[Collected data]
_ _ _
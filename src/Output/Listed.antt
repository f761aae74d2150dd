-- ===== src/Output/Listed.antt =====
-- The list of the interfaces that wait to be written, in eigrpd/eigrp_packet.c.
use mathlib.Core.List.{Memᴰ}
use mathlib.Core.List.Memᴰ.{append_left, append_right}
use eigrpd.Base.{
  ℕ, ◌≡◌, refl, sym, ◌∙◌, ap, Bool, true, false, Option, none, some, some_inj, List, [], ◌∷◌, ◌++◌,
  ◌==◌, if◌then◌else◌, arith,
}
use eigrpd.State.{Interface, write}

-- An interface whose output queue holds a packet is marked as waiting, and one that is marked is in
-- the list.
pub record Listed (intfs : ℕ → Option Interface) (oi_write_q : List ℕ) : Type 0 where
  pub marked :
      (ei : ℕ) (i : Interface)
      → intfs ei ≡ some i
      → (p : ℕ) → i.obuf.tail ≡ some p
      → i.on_write_q ≡ true
  pub listed :
      (ei : ℕ) (i : Interface) → intfs ei ≡ some i → i.on_write_q ≡ true → Memᴰ ei oi_write_q

-- What a write to the heap gives back.
read_back :
    {B : Type 0} (intfs : ℕ → Option Interface) (ei e : ℕ) (j i : Interface)
    → write intfs ei (some j) e ≡ some i
    → (e ≡ ei → i ≡ j → B)
    → ((e == ei) ≡ false → intfs e ≡ some i → B)
    → B
read_back {B} intfs ei e j i at same other = by_case (e == ei) refl at
  where
    by_case : (b : Bool) → (e == ei) ≡ b → (if b then some j else intfs e) ≡ some i → B
    by_case true t found = same (ground (arith, t)) (sym (some_inj found))
    by_case false t found = other t found

module _ (intfs : ℕ → Option Interface) (ei : ℕ) (j : Interface) where
  -- An interface that waits changes, and the list grows.
  pub Listed-on :
      (before after : List ℕ)
      → Listed intfs before
      → j.on_write_q ≡ true
      → ((e : ℕ) → Memᴰ e before → Memᴰ e after)
      → Memᴰ ei after
      → Listed (write intfs ei (some j)) after
  Listed-on before after l on grows here = record {
    marked = λ e i at p packet.
        read_back intfs ei e j i at (λ _ same. rw (ap (λ (x : Interface). x.on_write_q) same) on)
          λ _ found. l.marked e i found p packet;
    listed = λ e i at on_too.
        read_back intfs ei e j i at (λ here_too _. rw here_too here)
          λ _ found. grows e (l.listed e i found on_too);
  }

  -- An interface whose queue is empty leaves the list's head.
  pub Listed-off :
      (eis : List ℕ)
      → Listed intfs (ei ∷ eis)
      → j.on_write_q ≡ false
      → j.obuf.tail ≡ none
      → Listed (write intfs ei (some j)) eis
  Listed-off eis l off empty = record {
    marked = λ e i at p packet.
        read_back intfs ei e j i at
          (λ _ same.
            absurd (none_not empty (ap (λ (x : Interface). x.obuf.tail) (sym same) ∙ packet)))
          λ _ found. l.marked e i found p packet;
    listed = λ e i at on.
        read_back intfs ei e j i at
          (λ _ same. absurd (off_not off (ap (λ (x : Interface). x.on_write_q) (sym same) ∙ on)))
          λ elsewhere found. behind e elsewhere (l.listed e i found on);
  }
    where
      none_not : {o : Option ℕ} {p : ℕ} → o ≡ none → o ≡ some p → ⊥
      none_not e packet = ground (arith, e, packet)

      off_not : {b : Bool} → b ≡ false → b ≡ true → ⊥
      off_not e on = ground (arith, e, on)

      behind : (e : ℕ) → (e == ei) ≡ false → Memᴰ e (ei ∷ eis) → Memᴰ e eis
      behind e elsewhere (Memᴰ.head here) = absurd (ground (arith, elsewhere, here))
      behind e elsewhere (Memᴰ.tail m) = m

-- The interface joins the list unless it is there.
pub joined :
    (intfs : ℕ → Option Interface) (ei : ℕ) (i j : Interface) (l : List ℕ)
    → Listed intfs l
    → intfs ei ≡ some i
    → j.on_write_q ≡ true
    → (b : Bool) → i.on_write_q ≡ b
    → Listed (write intfs ei (some j)) (if b then l else l ++ ei ∷ [])
joined intfs ei i j l r at on true was =
    Listed-on intfs ei j l l r on (λ e m. m) (r.listed ei i at was)
joined intfs ei i j l r at on false was =
    Listed-on intfs ei j l (l ++ ei ∷ []) r on (λ e m. append_left (ei ∷ []) m)
      (append_right l (Memᴰ.head refl))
_ _ _
Show each line of the records above containing "refl".

  ℕ, ◌≡◌, refl, sym, ◌∙◌, ap, Bool, true, false, Option, none, some, some_inj, List, [], ◌∷◌, ◌++◌,
read_back {B} intfs ei e j i at same other = by_case (e == ei) refl at
      (append_right l (Memᴰ.head refl))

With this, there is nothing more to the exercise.